The above experimental waveforms verify that the proposed multiple decoupling strategies can effectively eliminate dynamic coupling and improve the control performance of the system. The multiple decoupling strategy with notch damping can effectively suppress the resonance of the LCL filter without adding a damping resistor or additional sensors.

B. Simulation Results

In this paper, the proposed strategies are designed for high-power converters, and the decoupling phenomenon is more obvious in high-power applications. Due to limited laboratory conditions, it is not possible to perform experimental verification on a high-power converter. Therefore, the following simulation was performed and the power level of the converter was 2MW. Simulation waveforms are shown in Fig. 15. It can be seen that the coupling problem of the high-power converter is obvious. In addition, the multiple decoupling strategy with passive damping has fluctuation of the q axis current Δi_q from 1083A down to 286A. The multiple decoupling strategy with notch damping has Δi_q from 1083A down to 430A. They both significantly reduce Δi_q.

Fig. 15. Simulation waveforms of the three current control systems at P=2MW, f_sw = 1 kHz. (a) Undecoupling strategy with passive damping. (b) Multiple decoupling strategy with passive damping. (c) Multiple decoupling strategy with notch damping.

Here, a statistics table is made based on the d axis current step value Δi_d in Fig. 16(a). It is found that the greater Δi_d^*, the greater Δi_q. In addition, the superiority of the two proposed strategies can be reflected. The fluctuation of i_q causes fluctuation of the reactive power Q, as shown in Fig. 16(b). In addition, the two proposed strategies can make it significantly improved.

Fig. 16. Fluctuation comparison of the three current control systems at f_sw = 1 kHz. (a) Statistics of Δi_q based on the difference of Δi_d*. (b) Fluctuation of the reactive power when Δi_d*=1.2kA.

Simulation waveforms of multiple decoupling strategy with notch damping are shown in Fig. 17. When the decoupling strategy is removed at 0.4s, the current control system cannot provide sufficient damping and the currents are resonant. When the strategy is re-added to the system at 0.5s, the current is effectively suppressed. This effectively validates the effectiveness of the strategy for resonance suppression of the LCL filter.

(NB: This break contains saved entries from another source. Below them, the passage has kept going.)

-- ===== src/Contract/Course.antt =====
-- Fallible code of internal/contract over a state: steps that come to a value or an error, and the two
-- kinds of postcondition that proofs about them use.
use ssemaphore.Prelude.{◌≡◌, refl, Bool, true, false, Option, none, some, if◌then◌else◌}

-- A step comes to a value or an error.
pub data Step (E A : Type 0) : Type 0 where
  ok : A → Step E A
  fail : E → Step E A

-- `none` is fuel that ran out, or a panic.
abbrev pub Course : Type 0 → Type 0 → Type 0 → Type 0
Course E T A = T → Option (Step E A × T)

abbrev pub after : {E T A B : Type 0} → (A → Course E T B) → Step E A → Course E T B
after f (ok a) s = f a s
after f (fail e) s = some (fail e, s)

infixl 5 ◌>>=◌
abbrev pub ◌>>=◌ : {E T A B : Type 0} → Course E T A → (A → Course E T B) → Course E T B
◌>>=◌ m f s = elim (m s) [ none ↦ none | some (r, s') ↦ after f r s' ]

abbrev pub pure : {E T A : Type 0} → A → Course E T A
pure a s = some (ok a, s)

abbrev pub refuse : {E T A : Type 0} → E → Course E T A
refuse e s = some (fail e, s)

-- One step whose outcome is `o`.
abbrev pub or_fail : {E T A : Type 0} → E → Option A → Course E T A
or_fail e none s = some (fail e, s)
or_fail e (some a) s = some (ok a, s)

-- The same outcome with an error of another kind.
abbrev pub relabel : {D E T A : Type 0} → (D → E) → Option (Step D A × T) → Option (Step E A × T)
relabel f none = none
relabel f (some (ok a, s)) = some (ok a, s)
relabel f (some (fail e, s)) = some (fail (f e), s)

-- The outcome exists, `P` holds of a value with the state after it, and `D` of an error.
abbrev pub Holds :
    {E T A : Type 0} → Option (Step E A × T) → (A → T → Type 0) → (E → T → Type 0) → Type 0
Holds none P D = ⊥
Holds (some (ok a, s)) P D = P a s
Holds (some (fail e, s)) P D = D e s

pub Holds-bind :
    {E T A B : Type 0} (m : Option (Step E A × T)) (f : A → Course E T B) (P : A → T → Type 0)
    (Q : B → T → Type 0) (C D : E → T → Type 0)
    → Holds m P C
    → ((e : E) (s : T) → C e s → D e s)
    → ((a : A) (s : T) → P a s → Holds (f a s) Q D)
    → Holds (elim m [ none ↦ none | some (r, s) ↦ after f r s ]) Q D
Holds-bind none f P Q C D h l k = h
Holds-bind (some (ok a, s)) f P Q C D h l k = k a s h
Holds-bind (some (fail e, s)) f P Q C D h l k = l e s h

pub Holds-if :
    {E T A : Type 0} (b : Bool) (x y : Course E T A) (s : T) (P : A → T → Type 0)
    (D : E → T → Type 0)
    → (b ≡ true → Holds (x s) P D)
    → (b ≡ false → Holds (y s) P D)
    → Holds ((if b then x else y) s) P D
Holds-if true x y s P D h k = h refl
Holds-if false x y s P D h k = k refl

-- As `Holds-if`, where the test stands on outcomes.
pub Holds-test :
    {E T A : Type 0} (b : Bool) (x y : Option (Step E A × T)) (P : A → T → Type 0)
    (D : E → T → Type 0)
    → (b ≡ true → Holds x P D)
    → (b ≡ false → Holds y P D)
    → Holds (if b then x else y) P D
Holds-test true x y P D h k = h refl
Holds-test false x y P D h k = k refl

pub Holds-mono :
    {E T A : Type 0} (m : Option (Step E A × T)) (P Q : A → T → Type 0) (C D : E → T → Type 0)
    → Holds m P C
    → ((a : A) (s : T) → P a s → Q a s)
    → ((e : E) (s : T) → C e s → D e s)
    → Holds m Q D
Holds-mono none P Q C D h k l = h
Holds-mono (some (ok a, s)) P Q C D h k l = k a s h
Holds-mono (some (fail e, s)) P Q C D h k l = l e s h

-- As `Holds`, with nothing said of an error.
abbrev pub Comes : {E T A : Type 0} → Option (Step E A × T) → (A → T → Type 0) → Type 0
Comes m P = Holds m P (λ e s. Unit {0})

pub Comes-bind :
    {E T A B : Type 0} (m : Option (Step E A × T)) (f : A → Course E T B) (P : A → T → Type 0)
    (Q : B → T → Type 0)
    → Comes m P
    → ((a : A) (s : T) → P a s → Comes (f a s) Q)
    → Comes (elim m [ none ↦ none | some (r, s) ↦ after f r s ]) Q
Comes-bind m f P Q h k = Holds-bind m f P Q _ _ h (λ e s l. l) k

pub Comes-if :
    {E T A : Type 0} (b : Bool) (x y : Course E T A) (s : T) (P : A → T → Type 0)
    → (b ≡ true → Comes (x s) P)
    → (b ≡ false → Comes (y s) P)
    → Comes ((if b then x else y) s) P
Comes-if b x y s P h k = Holds-if b x y s P _ h k

pub Comes-mono :
    {E T A : Type 0} (m : Option (Step E A × T)) (P Q : A → T → Type 0)
    → Comes m P
    → ((a : A) (s : T) → P a s → Q a s)
    → Comes m Q
Comes-mono m P Q h k = Holds-mono m P Q _ _ h k (λ e s l. l)

pub Holds-relabel :
    {C E T A : Type 0} (f : C → E) (m : Option (Step C A × T)) (P : A → T → Type 0)
    (B : C → T → Type 0) (D : E → T → Type 0)
    → Holds m P B
    → ((e : C) (s : T) → B e s → D (f e) s)
    → Holds (relabel f m) P D
Holds-relabel f none P B D h l = h
Holds-relabel f (some (ok a, s)) P B D h l = h
Holds-relabel f (some (fail e, s)) P B D h l = l e s h

pub Comes-relabel :
    {C E T A : Type 0} (f : C → E) (m : Option (Step C A × T)) (P : A → T → Type 0)
    → Comes m P
    → Comes (relabel f m) P
Comes-relabel f m P h = Holds-relabel f m P _ _ h (λ e s l. l)
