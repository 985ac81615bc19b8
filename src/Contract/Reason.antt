-- ===== src/Contract/Reason.antt =====
-- internal/contract/request.go: why a request is refused. The zero value, no reason, is not among
-- the constructors: what the code returns with it is a result of the model.
pub data ErrorClass : Type 0 where
  invalid_request request_too_large body_read_failure : ErrorClass

pub data Reason : Type 0 where
  body_bytes_limit read_failure invalid_utf8 invalid_unicode_escape : Reason
  malformed_json trailing_json duplicate_key nesting_limit : Reason
  root_not_object unknown_field missing_field wrong_type unsupported_value : Reason
  message_count_limit message_bytes_limit completion_limit : Reason
  reservation_overflow reservation_limit : Reason
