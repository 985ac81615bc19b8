-- ===== src/Contract/Decoding.antt =====
-- internal/contract/jsonscan.go: `contextDecoder`, as a monad over the decoder's state. The decoder of
-- encoding/json and the context are parameters: what each call gives is theirs to choose.
use ssemaphore.Prelude.{
  ℕ, ◌+◌, ◌≤◌, ◌<◌, ◌≡◌, Bool, true, false, ◌&&◌, ◌||◌, not, Option, none, some, List, [], ◌∷◌,
  ◌==◌, if◌then◌else◌, length,
}
use ssemaphore.Contract.Reason.{Reason}
use ssemaphore.Contract.Course.{Course, ok, ◌>>=◌, pure, refuse, or_fail}

-- json.Token, with numbers as their text. Text is a list of bytes, and a delimiter its byte.
pub data JsonToken : Type 0 where
  delim : ℕ → JsonToken
  text : List ℕ → JsonToken
  number : List ℕ → JsonToken
  flag : Bool → JsonToken
  null : JsonToken

-- json.Decoder over a state `S`: `NewDecoder` on a body, `Token` (`none` is an error,
-- which is io.EOF where `at_end` says so) and `More`.
pub record JsonDecoder (S : Type 0) : Type 0 where
  pub start : List ℕ → S
  pub token : S → Option JsonToken × S
  pub more : S → Bool
  pub at_end : S → Bool

-- What the code relies on: a token takes some of the input, of which there is no more than the body.
pub record Consumes {S : Type 0} (j : JsonDecoder S) (size : S → ℕ) : Type 0 where
  pub start_le : (body : List ℕ) → size (j.start body) ≤ length body
  pub token_lt : (s : S) (t : JsonToken) → (j.token s).0 ≡ some t → size (j.token s).1 < size s

-- The decoder, and how often the context was asked for an error.
pub record Scan (S : Type 0) : Type 0 where
  pub decoder : S
  pub reads : ℕ

abbrev pub M : Type 0 → Type 0 → Type 0
M S A = Course Reason (Scan S) A

unfoldable pub bytes_eq : List ℕ → List ℕ → Bool
bytes_eq [] [] = true
bytes_eq [] (y ∷ ys) = false
bytes_eq (x ∷ xs) [] = false
bytes_eq (x ∷ xs) (y ∷ ys) = x == y && bytes_eq xs ys

unfoldable pub has_key : List ℕ → List (List ℕ) → Bool
has_key k [] = false
has_key k (x ∷ xs) = bytes_eq x k || has_key k xs

abbrev pub is_delim : ℕ → JsonToken → Bool
is_delim c (delim d) = d == c
is_delim c (text t) = false
is_delim c (number t) = false
is_delim c (flag b) = false
is_delim c null = false

module _ {S : Type 0} (j : JsonDecoder S) (ctx : ℕ → Bool) where
  -- What `Token` gives once the decoder has been called: the context is asked again after a token.
  unfoldable pub settle_token : ℕ → Option JsonToken → S → Option JsonToken × Scan S
  settle_token n none d = (none, record { decoder = d; reads = n })
  settle_token n (some t) d =
      (if ctx n then none else some t, record { decoder = d; reads = n + 1 })

  unfoldable pub raw_token : Scan S → Option JsonToken × Scan S
  unfolding settle_token
  raw_token s =
      if ctx s.reads
      then (none, record s { reads = s.reads + 1 })
      else settle_token (s.reads + 1) (j.token s.decoder).0 (j.token s.decoder).1

  -- A token, or the reason that the caller has for an error.
  unfoldable pub token : {E : Type 0} → E → Course E (Scan S) JsonToken
  unfolding raw_token
  token e s = or_fail e (raw_token s).0 (raw_token s).1

  unfoldable pub more : {E : Type 0} → Course E (Scan S) Bool
  more s = some (ok (not (ctx s.reads) && j.more s.decoder), record s { reads = s.reads + 1 })

  -- The closing delimiter.
  unfoldable pub close : {E : Type 0} → E → ℕ → Course E (Scan S) (Unit {0})
  unfolding token
  close e c = token e >>= λ t. if is_delim c t then pure tt else refuse e

-- token.(string)
abbrev pub as_text : {E S : Type 0} → E → JsonToken → Course E (Scan S) (List ℕ)
as_text e (text k) = pure k
as_text e (delim c) = refuse e
as_text e (number n) = refuse e
as_text e (flag b) = refuse e
as_text e null = refuse e
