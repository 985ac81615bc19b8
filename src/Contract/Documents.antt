-- ===== src/Contract/Documents.antt =====
-- The JSON documents that the scan of internal/contract/jsonscan.go is about, as trees: their tokens,
-- their height, and when no object of theirs repeats a key.
use ssemaphore.Prelude.{
  ℕ, ◌+◌, ◌≤◌, ◌≡◌, refl, Bool, true, false, not, Option, none, some, List, [], ◌∷◌, max, arith,
  ltb, if◌then◌else◌, ◌↔◌, ◌||◌,
}
use ssemaphore.Contract.Reason.{Reason, duplicate_key, nesting_limit}
use ssemaphore.Contract.Decoding.{JsonToken, delim, JsonDecoder, has_key, is_delim}

mutual
  pub data Value : Type 0 where
    text : List ℕ → Value
    number : List ℕ → Value
    flag : Bool → Value
    null : Value
    array : Items → Value
    object : Fields → Value

  pub data Items : Type 0 where
    nil : Items
    cons : Value → Items → Items

  pub data Fields : Type 0 where
    end : Fields
    field : List ℕ → Value → Fields → Fields

-- The tokens of a document, before those that follow it.
unfoldable mutual
  pub tokens : Value → List JsonToken → List JsonToken
  tokens (text t) rest = JsonToken.text t ∷ rest
  tokens (number n) rest = JsonToken.number n ∷ rest
  tokens (flag b) rest = JsonToken.flag b ∷ rest
  tokens null rest = JsonToken.null ∷ rest
  tokens (array xs) rest = delim b'[' ∷ item_tokens xs rest
  tokens (object fs) rest = delim b'{' ∷ field_tokens fs rest

  pub item_tokens : Items → List JsonToken → List JsonToken
  item_tokens nil rest = delim b']' ∷ rest
  item_tokens (cons v xs) rest = tokens v (item_tokens xs rest)

  pub field_tokens : Fields → List JsonToken → List JsonToken
  field_tokens end rest = delim b'}' ∷ rest
  field_tokens (field k v fs) rest = JsonToken.text k ∷ tokens v (field_tokens fs rest)

-- What a decoder that has these tokens to come does: `More` is false before a closing delimiter
-- alone, and the input ends after the last token.
abbrev pub is_closing : JsonToken → Bool
is_closing (delim c) = is_delim b'}' (delim c) || is_delim b']' (delim c)
is_closing (JsonToken.text t) = false
is_closing (JsonToken.number n) = false
is_closing (JsonToken.flag b) = false
is_closing JsonToken.null = false

abbrev pub Gives : {S : Type 0} → JsonDecoder S → S → List JsonToken → Type 0
Gives j s [] = ((j.token s).0 ≡ none) × (j.at_end s ≡ true)
Gives j s (t ∷ ts) =
    ((j.token s).0 ≡ some t) × (j.more s ≡ not (is_closing t)) × Gives j (j.token s).1 ts

-- How deep a document nests.
unfoldable mutual
  pub height : Value → ℕ
  height (text t) = 1
  height (number n) = 1
  height (flag b) = 1
  height null = 1
  height (array xs) = 1 + height_items xs
  height (object fs) = 1 + height_fields fs

  pub height_items : Items → ℕ
  height_items nil = 0
  height_items (cons v xs) = max (height v) (height_items xs)

  pub height_fields : Fields → ℕ
  height_fields end = 0
  height_fields (field k v fs) = max (height v) (height_fields fs)

-- No object has one key twice, nor one of `keys`.
abbrev mutual
  pub Distinct : Value → Type 0
  Distinct (text t) = Unit {0}
  Distinct (number n) = Unit {0}
  Distinct (flag b) = Unit {0}
  Distinct null = Unit {0}
  Distinct (array xs) = DistinctItems xs
  Distinct (object fs) = DistinctFields [] fs

  pub DistinctItems : Items → Type 0
  DistinctItems nil = Unit {0}
  DistinctItems (cons v xs) = Distinct v × DistinctItems xs

  pub DistinctFields : List (List ℕ) → Fields → Type 0
  DistinctFields keys end = Unit {0}
  DistinctFields keys (field k v fs) =
      (has_key k keys ≡ false) × Distinct v × DistinctFields (k ∷ keys) fs

-- The first fault of a document in reading order, from depth `d`.
abbrev pub first : Option Reason → Option Reason → Option Reason
first none e = e
first (some r) e = some r

unfoldable mutual
  pub fault : ℕ → ℕ → Value → Option Reason
  fault m d (text t) = if ltb m d then some nesting_limit else none
  fault m d (number n) = if ltb m d then some nesting_limit else none
  fault m d (flag b) = if ltb m d then some nesting_limit else none
  fault m d null = if ltb m d then some nesting_limit else none
  fault m d (array xs) = if ltb m d then some nesting_limit else fault_items m (d + 1) xs
  fault m d (object fs) = if ltb m d then some nesting_limit else fault_fields m (d + 1) [] fs

  pub fault_items : ℕ → ℕ → Items → Option Reason
  fault_items m d nil = none
  fault_items m d (cons v xs) = first (fault m d v) (fault_items m d xs)

  pub fault_fields : ℕ → ℕ → List (List ℕ) → Fields → Option Reason
  fault_fields m d keys end = none
  fault_fields m d keys (field k v fs) =
      if has_key k keys
      then some duplicate_key
      else first (fault m d v) (fault_fields m d (k ∷ keys) fs)

pub first-none : (e e' : Option Reason) → first e e' ≡ none → (e ≡ none) × (e' ≡ none)
first-none none e' h = (refl, h)
first-none (some r) e' h = absurd (cc)

pub first-both : (e e' : Option Reason) → e ≡ none → e' ≡ none → first e e' ≡ none
first-both none e' h k = k
first-both (some r) e' h k = h

if-none :
    (b : Bool) (r : Reason) (e : Option Reason)
    → (if b then some r else e) ≡ none
    → (b ≡ false) × (e ≡ none)
if-none true r e h = absurd (cc)
if-none false r e h = (refl, h)

-- A document is free of faults exactly where it is no higher than the depth left, and no key repeats.
mutual
  unfolding fault height

  sound : (m d : ℕ) (v : Value) → fault m d v ≡ none → (d + height v ≤ m + 1) × Distinct v
  sound m d (text t) h = (ground arith, tt)
  sound m d (number t) h = (ground arith, tt)
  sound m d (flag t) h = (ground arith, tt)
  sound m d null h = (ground arith, tt)
  sound m d (array xs) h =
      let (shallow, deep) = if-none (ltb m d) nesting_limit (fault_items m (d + 1) xs) h in
      let (a, b) = sound_items m (d + 1) xs (ground arith) deep in (omega arith, b)
  sound m d (object fs) h =
      let (shallow, deep) = if-none (ltb m d) nesting_limit (fault_fields m (d + 1) [] fs) h in
      let (a, b) = sound_fields m (d + 1) [] fs (ground arith) deep in (omega arith, b)

  sound_items :
      (m d : ℕ) (xs : Items)
      → d ≤ m + 1
      → fault_items m d xs ≡ none
      → (d + height_items xs ≤ m + 1) × DistinctItems xs
  sound_items m d nil k h = (omega arith, tt)
  sound_items m d (cons v xs) k h =
      let (a, b) = first-none (fault m d v) (fault_items m d xs) h in
      let (x, y) = sound m d v a in let (z, w) = sound_items m d xs k b in (omega arith, (y, w))

  sound_fields :
      (m d : ℕ) (keys : List (List ℕ)) (fs : Fields)
      → d ≤ m + 1
      → fault_fields m d keys fs ≡ none
      → (d + height_fields fs ≤ m + 1) × DistinctFields keys fs
  sound_fields m d keys end k h = (omega arith, tt)
  sound_fields m d keys (field key v fs) k h =
      let (fresh, h') = if-none (has_key key keys) duplicate_key _ h in
      let (a, b) = first-none (fault m d v) (fault_fields m d (key ∷ keys) fs) h' in
      let (x, y) = sound m d v a in
      let (z, w) = sound_fields m d (key ∷ keys) fs k b in (omega arith, (fresh, y, w))

if-clear :
    (b : Bool) (r : Reason) (e : Option Reason)
    → b ≡ false
    → e ≡ none
    → (if b then some r else e) ≡ none
if-clear true r e h k = absurd (cc)
if-clear false r e h k = k

within : (m d h : ℕ) → d + (1 + h) ≤ m + 1 → ltb m d ≡ false
within m d h k = ground arith

mutual
  unfolding fault height

  complete : (m d : ℕ) (v : Value) → d + height v ≤ m + 1 → Distinct v → fault m d v ≡ none
  complete m d (text t) h k = ground arith
  complete m d (number t) h k = ground arith
  complete m d (flag t) h k = ground arith
  complete m d null h k = ground arith
  complete m d (array xs) h k =
      if-clear (ltb m d) nesting_limit _ (within m d (height_items xs) h)
        (complete_items m (d + 1) xs (omega arith) k)
  complete m d (object fs) h k =
      if-clear (ltb m d) nesting_limit _ (within m d (height_fields fs) h)
        (complete_fields m (d + 1) [] fs (omega arith) k)

  complete_items :
      (m d : ℕ) (xs : Items)
      → d + height_items xs ≤ m + 1
      → DistinctItems xs
      → fault_items m d xs ≡ none
  complete_items m d nil h k = refl
  complete_items m d (cons v xs) h (a, b) =
      first-both (fault m d v) (fault_items m d xs) (complete m d v (omega arith) a)
        (complete_items m d xs (omega arith) b)

  complete_fields :
      (m d : ℕ) (keys : List (List ℕ)) (fs : Fields)
      → d + height_fields fs ≤ m + 1
      → DistinctFields keys fs
      → fault_fields m d keys fs ≡ none
  complete_fields m d keys end h k = refl
  complete_fields m d keys (field key v fs) h (fresh, a, b) =
      if-clear (has_key key keys) duplicate_key _ fresh (
        first-both (fault m d v) (fault_fields m d (key ∷ keys) fs) (complete m d v (omega arith) a)
          (complete_fields m d (key ∷ keys) fs (omega arith) b))

pub fault_iff : (m d : ℕ) (v : Value) → fault m d v ≡ none ↔ ((d + height v ≤ m + 1) × Distinct v)
fault_iff m d v = (sound m d v, λ h. complete m d v h.0 h.1)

Fig. 17. Simulation waveforms of the multiple decoupling strategy with notch damping.

VI. CONCLUSIONS

In this paper, the complex vector is used to establish a model of an LCL type grid-connected converter. Through analyzing the coupling degree, it was found that the coupling degree of the undecoupled system increases with a decrease of the switching frequency. The coupling is the most serious in the low-frequency band. For this reason, two multiple decoupling strategies with passive damping / notch damping were proposed. Time-domain and frequency-domain analyses showed that the proposed strategies can effectively eliminate the cross-couplings of the d-q current components caused by a low switching frequency. They also showed that the proposed strategies can achieve better dynamic performance and a greater stability margin. The multiple decoupling strategy with notch damping can effectively suppress the resonance of the LCL filter without adding a damping resistor or additional sensors. A parameter sensitivity analysis showed that the proposed strategies have good robustness when the parameters of the LCL filter change. When compared with the multiple decoupling strategy with passive damping, the multiple decoupling strategy with notch damping is more sensitive. Finally, the simulation and experimental results verify the correctness of the theoretical analyses and the superiority of the proposed control strategies.

Under the unit power factor, the proposed decoupling strategies can achieve power decoupling, especially in the dynamic process. It also has a certain practical value for the independent control and flexible adjustment of the active power and reactive power in microgrids.